The exponential distribution can be used to model the likelihood for positive continuous variables, especially time to events, or as a prior for Beta-distributed parameters. For a “flat prior”, set lambda to be small, eg dexp(.01)

## The Dirichlet Distribution

$\sim Dirichlet(\alpha_1, ... \alpha_k)$

Where $$\alpha_i$$ is a vector of the prior number of outcomes of type i, is used for multinomial proportions or probabilities (i.e, take values between 0 and 1). It is an extension of the Beta distribution for several probability parameters that must sum to 1. For a flat prior, se alpha as a vector of 1’s: c(1,1,….,1).

The BUGS syntax is

 1  ddirch(alpha[])

1. In classical statistics, parameters are somewhat Aristotelian. We believe they exist in some perfect state, but we may never directly observe them, only the shadows they cast on our samples.

2. Don’t worry if your calculus is a little rusty. The last time I took a derivative or an integral most folks still had rotary phones. A basic understanding, but not much more, is all that is required for the practical application of Bayesian statistics.

3. For a fuller description of Bayes Theorem see this document

4. There is a more intuitive way of making this calculation. The probability of someone having a positive test given that they have the disease is the number of positive tests over the number of people with disease. In this example, that is 498/508. In statistical terms, this approach uses the marginal probability of disease to simplify the calculations. We will explore and take advantage of marginal probabilities as a simplifying strategy for future, more complex situations.

5. The models in this section come from Dr. Shane Jensen’s excellent short course on Bayesian Data Analysis given through Statistical Horizons. I highly recommend it.

6. I suppose you could, if you really tried, find out how many flights there were each year…

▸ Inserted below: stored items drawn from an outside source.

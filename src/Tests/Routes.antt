-- ===== src/Tests/Routes.antt =====
-- Routes, captures and registrations.
use mongoose_cpp.Prelude.{◌≡◌, refl, true, [], ◌∷◌, codes, arith}
use mathlib.Core.List.{reverse}
use mathlib.Core.List.Permᴰ
use mongoose_cpp.Table.Order.{Order, insertion_order}
use mongoose_cpp.Mongoose.{ok}
use mongoose_cpp.Http.Endpoint.State.{new, Listener, sync}
use mongoose_cpp.Http.Endpoint.Wakeup.{not_found_reply}
use mongoose_cpp.Http.Endpoint.Message.{handle_http_message, match_listener, match_asset}
use mongoose_cpp.Http.Endpoint.Message.Routing.{unrouted_not_found}
use mongoose_cpp.Http.Endpoint.Message.Overlap.{order_irrelevant}
use mongoose_cpp.Example.Handlers.{simple_handler, simple}
use mongoose_cpp.Http.Endpoint.Register.{on_asset, on_assets_pair, resource}
use mongoose_cpp.Http.Endpoint.Register.Laws.{file_after_directory}
use mongoose_cpp.Http.AsyncResponse.State.{ResponseState}
use mongoose_cpp.Tests.Samples.{sample_env, promoted, one_response}
use mongoose_cpp.Tests.Running.{who}

unrouted_not_found_example :
    handle_http_message sample_env promoted who (one_response ResponseState.pending)
    ≡ ok (promoted, record (one_response ResponseState.pending) { calls = not_found_reply 7 ∷ [] })
unrouted_not_found_example =
    unrouted_not_found sample_env promoted who (one_response ResponseState.pending) tt tt refl

file_after_directory_example :
    ((resource
        (on_asset insertion_order
          (on_assets_pair new (codes "/a") (codes "dir"))
          (codes "/a")
          (codes "f.txt")
          (codes "text/plain")
          [])
        (codes "/a")).path
      ≡ codes "f.txt")
    × ((resource
          (on_asset insertion_order
            (on_assets_pair new (codes "/a") (codes "dir"))
            (codes "/a")
            (codes "f.txt")
            (codes "text/plain")
            [])
          (codes "/a")).mime_type
        ≡ codes "text/plain")
    × ((resource
          (on_asset insertion_order
            (on_assets_pair new (codes "/a") (codes "dir"))
            (codes "/a")
            (codes "f.txt")
            (codes "text/plain")
            [])
          (codes "/a")).is_dir
        ≡ true)
file_after_directory_example =
    file_after_directory insertion_order new (codes "/a") (codes "dir") (codes "f.txt")
      (codes "text/plain") []

-- Two listeners, visited from the last to the first, and no asset.
abbrev reversed {ℓ} : {A : Type ℓ} → Order A
reversed = record { visit = reverse; visit_perm = Permᴰ.reverse }

abbrev joke : Listener
joke = record { groups = 0; callback = sync simple_handler }

abbrev class_member : Listener
class_member = record { groups = 0; callback = sync (simple 67) }

order_irrelevant_example :
    (match_listener sample_env
        (codes "/joke")
        ((codes "/class", class_member) ∷ (codes "/joke", joke) ∷ [])
      ≡ match_listener sample_env
          (codes "/joke")
          ((codes "/joke", joke) ∷ (codes "/class", class_member) ∷ []))
    × (match_asset sample_env (codes "/joke") [] ≡ match_asset sample_env (codes "/joke") [])
order_irrelevant_example =
    order_irrelevant sample_env (codes "/joke") reversed reversed
      ((codes "/joke", joke) ∷ (codes "/class", class_member) ∷ []) [] (omega arith) (omega arith)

7. You may be asking yourself (as I did when I first encountered this material) why we just didn’t use a binomial prior for the binomial likelihood, or a Poisson prior for a Poisson likelihood. The short answer is that they just don’t work. The longer answer has to do with what results when you multiply one distribution by another (binomialbinomial and PoissonPoisson are apparently particularly ugly) as well as issues with dependence of parameters that arise.

8. The factorial notation ! and stands for $$n x n-1 x n-2 x ... x n- ( )$$)

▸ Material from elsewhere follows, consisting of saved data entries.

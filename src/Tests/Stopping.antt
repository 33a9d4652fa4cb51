-- ===== src/Tests/Stopping.antt =====
-- A server that stops while a response or a stream is pending, and what belongs to which connection.
use mongoose_cpp.Prelude.{
  ◌==◌, ◌≡◌, refl, ℕ, zero, suc, ap, ◌∙◌, List, false, [], ◌∷◌, Option, none, some, get_elem?,
  arith,
}
use mongoose_cpp.Table.{find, erase}
use mongoose_cpp.Mongoose.{ok}
use mongoose_cpp.Http.AsyncStream
use mongoose_cpp.Http.AsyncStream.{AsyncStream}
use mongoose_cpp.Http.AsyncStream.State.{StreamState}
use mongoose_cpp.Http.AsyncResponse.State.{ResponseState}
use mongoose_cpp.Http.Connection.{Connection, FnData}
use mongoose_cpp.Http.Endpoint.State.{
  System, deref_response, put_response, deref_stream, put_stream, new,
}
use mongoose_cpp.Http.Endpoint.Events.{dispatch, close, handle_close}
use mongoose_cpp.Http.Endpoint.Register.{on_async_request}
use mongoose_cpp.Http.Endpoint.Wakeup.Lookup.{find_at}
use mongoose_cpp.Http.Safety.Close.{FailedAt}
use mongoose_cpp.Http.Safety.Events.{late}
use mongoose_cpp.Http.Safety.Reach.{World}
use mongoose_cpp.Http.Safety.Setups.{apply_setup}
use mongoose_cpp.Http.Isolation.{IsIdle}
use mongoose_cpp.Http.Isolation.Dispatch.{dispatch-Apart}
use mongoose_cpp.Http.Isolation.World.{NoneOpen, pending_owned}
use mongoose_cpp.Http.Isolation.Stop.{Closes, done, then_close, IsStopped, stop_fails_all, can_stop}
use mongoose_cpp.Http.Numbers.Names.{IsPendingAt, number_names_one}
use mongoose_cpp.Tests.Samples.{sample_env, promoted, system_with, sample_response}
use mongoose_cpp.Tests.Running.{exact_fits}
use mongoose_cpp.Tests.Pending.{asked, asked_reached, flushing, flushing_reached}

abbrev closed : Connection
closed = record promoted { fn_data = FnData.null; tag = 0 }

abbrev at_work : World
at_work = record { conns = promoted ∷ []; system = flushing }

-- The stream has failed, and nothing is pending.
abbrev ended : System
ended = record flushing {
  endpoint = record (flushing.endpoint) { pending_responses = []; pending_streams = [] };
  streams = record { conn = 7; id = 0; bytes = []; state = StreamState.failed } ∷ [];
}

closed_served : dispatch sample_env promoted close flushing ≡ ok (closed, ended)
unfolding dispatch handle_close find erase deref_response put_response deref_stream put_stream
    apply_setup on_async_request new package.mongoose_cpp.Http.AsyncStream.mark_failed
closed_served = refl

abbrev at_rest : World
at_rest = record { conns = closed ∷ []; system = ended }

all_closed : IsStopped at_rest
all_closed zero conn h = ap (λ (c : Connection). c.tag == b'R') (same h)
  where
    same : {a b : Connection} → some a ≡ some b → b ≡ a
    same e = cc
all_closed (suc i) conn h = cc

stop_fails_all_example :
    ((c id ref : ℕ)
      → find_at c id flushing.pending_responses ≡ some ref
      → FailedAt ended.responses ref)
    × ((c id : ℕ) (ref : Option ℕ)
        → find_at c id flushing.pending_streams ≡ some ref
        → (k : ℕ) × (x : AsyncStream) × (ref ≡ some k)
          × (get_elem? ended.streams k ≡ some x)
          × ((seen : List StreamState) → AsyncStream.wait (x.state ∷ seen) ≡ some false))
    × ((c : ℕ) → IsIdle c ended)
stop_fails_all_example =
    stop_fails_all sample_env {w = at_work} {u = at_rest} exact_fits flushing_reached
      (then_close 0 promoted (closed, ended) done refl (late refl tt) closed_served) all_closed

can_stop_example :
    (u : World) × Closes sample_env (record { conns = promoted ∷ []; system = asked }) u
    × IsStopped u
can_stop_example = can_stop sample_env exact_fits asked_reached

no_eighth : NoneOpen 8 (promoted ∷ [])
no_eighth zero conn h same = absurd (seven (ap (λ (c : Connection). c.id) (first h) ∙ same))
  where
    first : {a b : Connection} → some a ≡ some b → a ≡ b
    first e = cc

    seven : ◌≡◌ {A = ℕ} 7 8 → ⊥
    seven e = omega (arith, e)
no_eighth (suc i) conn h same = cc

pending_owned_example : IsIdle 8 asked
pending_owned_example = pending_owned sample_env exact_fits asked_reached 8 no_eighth

-- One response was made, and its stream is pending.
number_names_one_example :
    ((conn : ℕ) → IsPendingAt conn 1 flushing → ⊥)
    × ((conn conn' id : ℕ)
        → IsPendingAt conn id flushing
        → IsPendingAt conn' id flushing
        → conn ≡ conn')
    × ((conn id ref : ℕ) → find_at conn id flushing.pending_responses ≡ some ref → ref ≡ id)
number_names_one_example =
    number_names_one sample_env {w = at_work} exact_fits flushing_reached (omega arith)

-- Two connections with a response each; the first is closed.
abbrev two_pending : System
two_pending =
    system_with
      (sample_response ResponseState.pending none
        ∷ record (sample_response ResponseState.pending none) { conn = 8; id = 1 }
        ∷ [])
      [] ((7, (0, 0) ∷ []) ∷ (8, (1, 1) ∷ []) ∷ []) []

abbrev one_left : System
one_left =
    system_with
      (sample_response ResponseState.failed none
        ∷ record (sample_response ResponseState.pending none) { conn = 8; id = 1 }
        ∷ [])
      [] ((8, (1, 1) ∷ []) ∷ []) []

first_closed : dispatch sample_env promoted close two_pending ≡ ok (closed, one_left)
unfolding dispatch handle_close find erase deref_response put_response
    package.mongoose_cpp.Http.AsyncResponse.mark_failed
first_closed = refl

dispatch-Apart_example :
    (find_at 8 1 one_left.pending_responses ≡ find_at 8 1 two_pending.pending_responses)
    × (find_at 8 1 one_left.pending_streams ≡ find_at 8 1 two_pending.pending_streams)
dispatch-Apart_example =
    dispatch-Apart sample_env promoted close two_pending (closed, one_left) first_closed 8 1 refl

9. This neat analytic approach results in a so-called “closed” result. A closed result refers to the fact that the distributions play nicely together can be integrated to a single solution, which in the case-of all probability distributions sums to one.

10. Note that the $$\binom{n}{k}$$ term drops out of the calculations because it is simply a normalizing constant and isn’t necessary for the calculation of ratios.

11. Because of the larger number of observations, we are presenting the likelihood on the log scale.

12. Despite the availability and popularity of some of these more exotic probability distributions, some very smart folks (like David Spiegelhalter at Cambridge) believe the majority of analyses can readily be accomplished with the 4 most common distributions: binomial, normal, poisson and uniform.